### Activity
Please find all lines in the data that hold the string "Entries" and copy them.

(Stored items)
....

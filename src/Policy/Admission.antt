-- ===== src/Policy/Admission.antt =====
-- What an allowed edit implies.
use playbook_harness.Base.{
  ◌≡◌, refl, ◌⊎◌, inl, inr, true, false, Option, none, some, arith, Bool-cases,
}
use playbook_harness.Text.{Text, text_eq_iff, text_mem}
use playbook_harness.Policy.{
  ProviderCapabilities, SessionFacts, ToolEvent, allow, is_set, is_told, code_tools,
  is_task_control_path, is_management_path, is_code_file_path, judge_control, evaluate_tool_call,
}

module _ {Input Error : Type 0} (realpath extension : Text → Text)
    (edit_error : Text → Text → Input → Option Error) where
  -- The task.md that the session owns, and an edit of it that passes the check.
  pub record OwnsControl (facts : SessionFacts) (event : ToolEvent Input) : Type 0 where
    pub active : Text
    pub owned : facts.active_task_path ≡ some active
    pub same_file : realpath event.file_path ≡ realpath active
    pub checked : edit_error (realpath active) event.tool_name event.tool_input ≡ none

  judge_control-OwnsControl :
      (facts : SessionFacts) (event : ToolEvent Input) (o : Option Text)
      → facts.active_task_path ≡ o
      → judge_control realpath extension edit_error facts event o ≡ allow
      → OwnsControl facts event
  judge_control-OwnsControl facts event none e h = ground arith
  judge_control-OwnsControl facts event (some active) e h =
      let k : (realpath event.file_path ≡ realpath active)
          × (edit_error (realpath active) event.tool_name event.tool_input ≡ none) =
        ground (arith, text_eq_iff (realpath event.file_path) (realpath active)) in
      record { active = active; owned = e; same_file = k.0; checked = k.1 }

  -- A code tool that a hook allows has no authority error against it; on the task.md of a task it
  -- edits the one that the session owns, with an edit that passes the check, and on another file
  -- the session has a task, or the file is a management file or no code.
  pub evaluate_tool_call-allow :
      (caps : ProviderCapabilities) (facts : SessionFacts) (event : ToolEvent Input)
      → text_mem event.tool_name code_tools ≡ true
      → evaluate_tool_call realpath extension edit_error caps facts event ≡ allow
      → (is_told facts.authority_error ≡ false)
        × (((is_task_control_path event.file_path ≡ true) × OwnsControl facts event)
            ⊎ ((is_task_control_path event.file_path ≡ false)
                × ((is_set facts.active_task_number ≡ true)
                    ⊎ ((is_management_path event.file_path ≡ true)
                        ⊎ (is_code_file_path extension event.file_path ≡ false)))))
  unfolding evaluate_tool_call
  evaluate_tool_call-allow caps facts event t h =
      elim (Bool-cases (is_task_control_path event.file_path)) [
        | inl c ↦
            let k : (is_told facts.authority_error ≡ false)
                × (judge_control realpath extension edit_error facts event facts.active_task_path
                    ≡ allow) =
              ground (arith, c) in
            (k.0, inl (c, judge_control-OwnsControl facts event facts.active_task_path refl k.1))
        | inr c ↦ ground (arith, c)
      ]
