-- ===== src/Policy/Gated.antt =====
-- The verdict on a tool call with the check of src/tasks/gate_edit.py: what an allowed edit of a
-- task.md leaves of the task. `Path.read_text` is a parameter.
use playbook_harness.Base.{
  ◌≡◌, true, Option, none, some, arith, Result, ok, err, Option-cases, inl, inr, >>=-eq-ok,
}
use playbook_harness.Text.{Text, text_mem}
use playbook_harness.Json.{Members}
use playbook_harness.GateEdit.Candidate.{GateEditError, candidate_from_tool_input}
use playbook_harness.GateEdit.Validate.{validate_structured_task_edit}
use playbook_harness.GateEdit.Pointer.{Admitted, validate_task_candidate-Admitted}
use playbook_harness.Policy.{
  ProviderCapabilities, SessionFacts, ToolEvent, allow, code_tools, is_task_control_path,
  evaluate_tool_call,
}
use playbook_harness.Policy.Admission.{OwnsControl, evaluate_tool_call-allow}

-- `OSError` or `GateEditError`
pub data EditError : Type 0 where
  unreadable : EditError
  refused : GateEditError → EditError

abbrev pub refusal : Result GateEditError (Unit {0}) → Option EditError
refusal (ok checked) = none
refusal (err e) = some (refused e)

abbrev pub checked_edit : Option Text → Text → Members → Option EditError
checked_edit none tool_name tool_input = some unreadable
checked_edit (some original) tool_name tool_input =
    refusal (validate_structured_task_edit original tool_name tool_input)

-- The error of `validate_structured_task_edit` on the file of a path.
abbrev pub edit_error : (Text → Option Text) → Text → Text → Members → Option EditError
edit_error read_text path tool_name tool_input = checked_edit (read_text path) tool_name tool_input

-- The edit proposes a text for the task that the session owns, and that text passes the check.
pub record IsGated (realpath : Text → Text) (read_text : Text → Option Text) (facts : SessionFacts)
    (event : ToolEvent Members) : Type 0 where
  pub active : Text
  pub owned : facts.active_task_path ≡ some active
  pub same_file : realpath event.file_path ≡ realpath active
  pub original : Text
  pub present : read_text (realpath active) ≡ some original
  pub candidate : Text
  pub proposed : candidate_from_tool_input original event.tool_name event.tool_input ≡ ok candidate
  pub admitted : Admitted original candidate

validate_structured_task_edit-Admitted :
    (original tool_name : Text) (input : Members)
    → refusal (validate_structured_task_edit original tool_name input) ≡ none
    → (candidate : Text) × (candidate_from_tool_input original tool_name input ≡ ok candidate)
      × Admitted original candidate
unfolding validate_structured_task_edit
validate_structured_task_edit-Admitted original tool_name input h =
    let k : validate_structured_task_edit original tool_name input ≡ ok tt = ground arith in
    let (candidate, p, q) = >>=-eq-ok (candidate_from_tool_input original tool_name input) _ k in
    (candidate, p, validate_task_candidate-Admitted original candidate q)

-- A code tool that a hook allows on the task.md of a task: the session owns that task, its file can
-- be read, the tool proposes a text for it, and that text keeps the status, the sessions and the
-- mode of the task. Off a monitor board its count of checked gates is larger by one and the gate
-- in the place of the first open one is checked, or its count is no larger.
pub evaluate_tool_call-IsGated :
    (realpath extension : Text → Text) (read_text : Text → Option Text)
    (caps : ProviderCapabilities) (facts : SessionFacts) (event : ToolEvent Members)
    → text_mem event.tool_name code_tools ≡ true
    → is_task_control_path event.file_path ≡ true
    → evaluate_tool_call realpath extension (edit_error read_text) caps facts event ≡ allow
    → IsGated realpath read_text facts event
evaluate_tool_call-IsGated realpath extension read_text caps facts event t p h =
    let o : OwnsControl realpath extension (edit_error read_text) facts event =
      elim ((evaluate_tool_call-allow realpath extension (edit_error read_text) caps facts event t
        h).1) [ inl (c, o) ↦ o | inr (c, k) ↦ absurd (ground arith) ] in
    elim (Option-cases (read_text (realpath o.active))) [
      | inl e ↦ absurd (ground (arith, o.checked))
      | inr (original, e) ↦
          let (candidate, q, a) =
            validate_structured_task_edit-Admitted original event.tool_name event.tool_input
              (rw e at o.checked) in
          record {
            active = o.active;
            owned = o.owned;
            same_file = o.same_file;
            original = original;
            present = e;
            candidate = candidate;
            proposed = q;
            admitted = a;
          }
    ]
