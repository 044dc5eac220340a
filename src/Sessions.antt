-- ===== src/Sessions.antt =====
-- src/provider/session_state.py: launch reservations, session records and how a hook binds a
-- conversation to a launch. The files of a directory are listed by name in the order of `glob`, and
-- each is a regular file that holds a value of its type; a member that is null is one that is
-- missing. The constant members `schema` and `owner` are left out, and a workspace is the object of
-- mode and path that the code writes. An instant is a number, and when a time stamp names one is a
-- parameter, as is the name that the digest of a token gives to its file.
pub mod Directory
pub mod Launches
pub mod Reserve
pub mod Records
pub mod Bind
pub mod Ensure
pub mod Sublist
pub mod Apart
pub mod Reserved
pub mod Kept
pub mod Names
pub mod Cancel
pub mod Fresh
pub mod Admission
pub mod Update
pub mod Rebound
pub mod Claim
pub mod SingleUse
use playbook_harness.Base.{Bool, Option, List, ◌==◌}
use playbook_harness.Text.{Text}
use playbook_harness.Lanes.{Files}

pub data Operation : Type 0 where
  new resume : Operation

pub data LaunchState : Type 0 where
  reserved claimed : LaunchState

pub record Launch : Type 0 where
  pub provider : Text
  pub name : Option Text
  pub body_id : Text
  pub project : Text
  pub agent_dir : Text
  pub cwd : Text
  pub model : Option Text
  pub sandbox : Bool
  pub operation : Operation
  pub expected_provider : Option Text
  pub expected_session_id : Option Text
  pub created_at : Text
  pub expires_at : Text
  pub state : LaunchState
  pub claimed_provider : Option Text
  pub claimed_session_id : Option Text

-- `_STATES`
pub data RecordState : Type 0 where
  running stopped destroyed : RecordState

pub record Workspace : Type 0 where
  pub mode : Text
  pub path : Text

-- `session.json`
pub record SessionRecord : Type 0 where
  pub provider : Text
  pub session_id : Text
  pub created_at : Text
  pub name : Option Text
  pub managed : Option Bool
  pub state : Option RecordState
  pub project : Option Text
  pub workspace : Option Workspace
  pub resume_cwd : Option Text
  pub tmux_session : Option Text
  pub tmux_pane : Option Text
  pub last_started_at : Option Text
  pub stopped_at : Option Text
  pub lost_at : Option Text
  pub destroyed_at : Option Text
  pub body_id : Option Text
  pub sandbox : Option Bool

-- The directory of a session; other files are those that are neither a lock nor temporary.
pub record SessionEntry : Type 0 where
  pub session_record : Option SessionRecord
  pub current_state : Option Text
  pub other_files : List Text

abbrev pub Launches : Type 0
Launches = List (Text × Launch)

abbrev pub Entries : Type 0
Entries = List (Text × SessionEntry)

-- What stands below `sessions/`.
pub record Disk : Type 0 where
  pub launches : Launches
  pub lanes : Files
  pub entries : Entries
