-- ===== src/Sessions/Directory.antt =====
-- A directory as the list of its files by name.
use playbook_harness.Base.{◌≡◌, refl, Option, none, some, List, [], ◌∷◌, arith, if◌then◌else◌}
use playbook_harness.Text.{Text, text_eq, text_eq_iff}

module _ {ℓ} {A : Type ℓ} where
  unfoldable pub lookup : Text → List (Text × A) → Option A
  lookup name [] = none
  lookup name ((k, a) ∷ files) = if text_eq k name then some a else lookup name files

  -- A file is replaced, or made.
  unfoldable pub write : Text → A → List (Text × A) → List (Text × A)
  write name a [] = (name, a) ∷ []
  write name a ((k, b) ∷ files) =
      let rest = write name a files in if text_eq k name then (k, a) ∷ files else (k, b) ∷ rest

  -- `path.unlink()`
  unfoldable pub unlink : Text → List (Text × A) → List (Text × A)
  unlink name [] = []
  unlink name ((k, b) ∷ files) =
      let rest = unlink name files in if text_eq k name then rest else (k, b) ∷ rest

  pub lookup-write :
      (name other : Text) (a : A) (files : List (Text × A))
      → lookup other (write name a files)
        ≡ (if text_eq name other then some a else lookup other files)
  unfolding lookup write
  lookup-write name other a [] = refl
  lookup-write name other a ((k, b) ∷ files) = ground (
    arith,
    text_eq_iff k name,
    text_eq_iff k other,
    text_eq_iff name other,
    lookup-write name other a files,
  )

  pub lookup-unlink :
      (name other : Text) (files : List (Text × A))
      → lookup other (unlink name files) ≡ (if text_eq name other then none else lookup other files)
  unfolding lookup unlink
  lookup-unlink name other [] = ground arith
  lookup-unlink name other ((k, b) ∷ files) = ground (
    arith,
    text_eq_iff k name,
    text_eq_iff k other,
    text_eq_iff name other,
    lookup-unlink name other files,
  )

....

### Answer for the task
abbrev pub Entries : Type 0
Entries = List (Text × SessionEntry)
  pub entries : Entries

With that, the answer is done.